Stanford Lecture Collection | Convolutional Neural Networks for Visual Recognition

Ok, maybe you were busy flossing the cat, or assembling a dog from a kit and didn’t have time to check out the lectures for CS231n from Stanford, Spring 2017. Looky here:

Why You Should Watch This Series

One of the really interesting things that has happened over the last 10 years is that top universities are sharing their classes online. In the technical/computer world, both MIT and Stanford are leading the charge to share knowledge with the only admission being a connection to the Internet and a viewing device. There is a wealth of knowledge available both at the graduate and under graduate level.

But you already know all that. While other people are watching inane YouTube videos, you are using that time to actually learn.

So you want to know what the next wave of Stanford entrepreneurs is going to be building on? You should watch this 16 lecture class. Here’s the blurb from the YouTube channel:

Computer Vision has become ubiquitous in our society, with applications in search, image understanding, apps, mapping, medicine, drones, and self-driving cars. Core to many of these applications are visual recognition tasks such as image classification, localization and detection.
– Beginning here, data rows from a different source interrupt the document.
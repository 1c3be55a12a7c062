-- ===== src/Memory/Outcomes.antt =====
-- What an outcome holds, through the steps that lead to it.
use ecen_602_projects.Memory.Defs.{Outcome, ok, fail, fault, ◌>>=◌}

-- What an outcome holds, if it is a value.
abbrev pub Gives {ℓ} : {A : Type ℓ} → Outcome A → (A → Type 0) → Type 0
Gives (ok a) P = P a
Gives fail P = Unit
Gives fault P = Unit

pub Gives-bind {ℓ κ} :
    {A : Type ℓ} {B : Type κ} (m : Outcome A) (f : A → Outcome B) (Q : A → Type 0) (P : B → Type 0)
    → Gives m Q
    → ((a : A) → Q a → Gives (f a) P)
    → Gives (m >>= f) P
Gives-bind (ok a) f Q P q k = k a q
Gives-bind fail f Q P q k = tt
Gives-bind fault f Q P q k = tt

Gives_anything {ℓ} : {A : Type ℓ} (m : Outcome A) → Gives m (λ a. Unit)
Gives_anything (ok a) = tt
Gives_anything fail = tt
Gives_anything fault = tt

-- A step whose value does not matter.
pub Gives-behind {ℓ κ} :
    {A : Type ℓ} {B : Type κ} (m : Outcome A) (f : A → Outcome B) (P : B → Type 0)
    → ((a : A) → Gives (f a) P)
    → Gives (m >>= f) P
Gives-behind m f P k = Gives-bind m f (λ a. Unit) P (Gives_anything m) (λ a u. k a)
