-- ===== src/Memory.antt =====
-- Arrays of bytes and the C library's operations on them.
mod Defs
mod Laws
mod Outcomes
unfoldable pub use Defs.*
pub use Laws.*
pub use Outcomes.*
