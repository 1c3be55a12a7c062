-- ===== src/Echo/Defs.antt =====
-- The loop of the child in Assignment_1/server.c and the loop over the lines in Assignment_1/client.c.
use ecen_602_projects.Common.{
  ℕ, zero, suc, Bool, true, false, Option, none, some, List, [], ◌∷◌, ◌++◌, ◌==◌, if◌then◌else◌,
  length,
}
use ecen_602_projects.Memory.{strcmp_arrays, Outcome, ok, fault, ◌>>=◌, memcpy, slice}

-- What server_read meets: at most 99 bytes, the end of the stream, EINTR, or another error.
pub data Read : Type 0 where
  received : List ℕ → Read
  disconnected interrupted failed : Read

pub data Ending : Type 0 where
  waiting closed exited : Ending

pub record Child : Type 0 where
  pub sent : List (List ℕ)
  pub ending : Ending

abbrev sending : List ℕ → Child → Child
sending datagram c = record c { sent = datagram ∷ c.sent }

abbrev ends : Ending → Outcome Child
ends e = ok (record { sent = []; ending = e })

-- One round for each read. The answer has 99 bytes, however many came in. A failed send is not
-- noticed: numbytes is given the value of the comparison, which is 0 behind the loop.
unfoldable pub echo_loop : List ℕ → List Read → Outcome Child
echo_loop buf [] = ends waiting
echo_loop buf (disconnected ∷ rs) = ends closed
echo_loop buf (failed ∷ rs) = ends exited
echo_loop buf (interrupted ∷ rs) = echo_loop buf rs
echo_loop buf (received bytes ∷ rs) = do
  buf ← memcpy buf 0 bytes
  datagram ← slice buf 0 99
  child ← echo_loop buf rs
  ok (sending datagram child)

-- fgets stores a line of at most 99 bytes with a terminator.
unfoldable pub read_line : List ℕ → List ℕ → Outcome (List ℕ)
read_line buf text = memcpy buf 0 (text ++ 0 ∷ [])

unfoldable pub writen : List ℕ → Outcome (List ℕ)
writen buf = slice buf 0 99

-- strncmp(a, b, n) == 0
unfoldable pub strncmp_arrays : ℕ → List ℕ → List ℕ → Outcome Bool
strncmp_arrays zero a b = ok true
strncmp_arrays (suc n) [] b = fault
strncmp_arrays (suc n) (c ∷ a) [] = fault
strncmp_arrays (suc n) (c ∷ a) (d ∷ b) =
    let rest = strncmp_arrays n a b in
    if c == d then (if c == 0 then ok true else rest) else ok false

-- A reply that matches, one that has the beginning of the line, and one at which the client exits.
pub data Verdict : Type 0 where
  matched out_of_space mismatch : Verdict

prefix_verdict : Bool → Verdict
prefix_verdict true = out_of_space
prefix_verdict false = mismatch

unfoldable pub compare_reply : List ℕ → List ℕ → List ℕ → Outcome Verdict
unfolding prefix_verdict
compare_reply buf recvbuf reply = do
  recvbuf ← memcpy recvbuf 0 reply
  equal ← strcmp_arrays buf recvbuf
  (if equal
      then ok matched
      else (strncmp_arrays (length reply) buf recvbuf >>= λ prefix. ok (prefix_verdict prefix)))

-- One round of the client's loop: a line of the input, whether send works, and what recv gives.
pub record Exchange : Type 0 where
  pub text : List ℕ
  pub sends : Bool
  pub reply : Option (List ℕ)

pub data ClientEnd : Type 0 where
  finished given_up : ClientEnd

pub record Client : Type 0 where
  pub sent : List (List ℕ)
  pub ending : ClientEnd

abbrev goes_on : Verdict → Bool
goes_on matched = true
goes_on out_of_space = true
goes_on mismatch = false

abbrev gives_up : List (List ℕ) → Outcome Client
gives_up sent = ok (record { sent = sent; ending = given_up })

abbrev sends_first : List ℕ → Outcome Client → Outcome Client
sends_first datagram m = m >>= λ c. ok (record c { sent = datagram ∷ c.sent })

-- The loop over the lines of the input, which ends with them. The client exits at a failed call, and at
-- a reply that does not begin as the line does.
unfoldable pub client_loop : List ℕ → List ℕ → List Exchange → Outcome Client
client_loop buf recvbuf [] = ok (record { sent = []; ending = finished })
client_loop buf recvbuf (x ∷ xs) = do
  buf ← read_line buf x.text
  datagram ← writen buf
  (elim x.sends as (λ b. Outcome Client) [
    | false ↦ gives_up []
    | true ↦ elim x.reply as (λ r. Outcome Client) [
      | none ↦ gives_up (datagram ∷ [])
      | some reply ↦ (do
        verdict ← compare_reply buf recvbuf reply
        recvbuf ← memcpy recvbuf 0 reply
        let rest = client_loop buf recvbuf xs
        (if goes_on verdict then sends_first datagram rest else gives_up (datagram ∷ [])))
    ]
  ])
Recent developments in neural network (aka “deep learning”) approaches have greatly advanced the performance of these state-of-the-art visual recognition systems. This lecture collection is a deep dive into details of the deep learning architectures with a focus on learning end-to-end models for these tasks, particularly image classification. From this lecture collection, students will learn to implement, train and debug their own neural networks and gain a detailed understanding of cutting-edge research in computer vision.

If you’re new to computer vision combined with machine learning, here’s all the background and current theory in one place. You should remember that this is university level. So while none of this requires a PhD in math, it does require more work than watching the latest cute kitten video.

And yes, this is what everyone is so excited about in the NVIDIA Jetson world.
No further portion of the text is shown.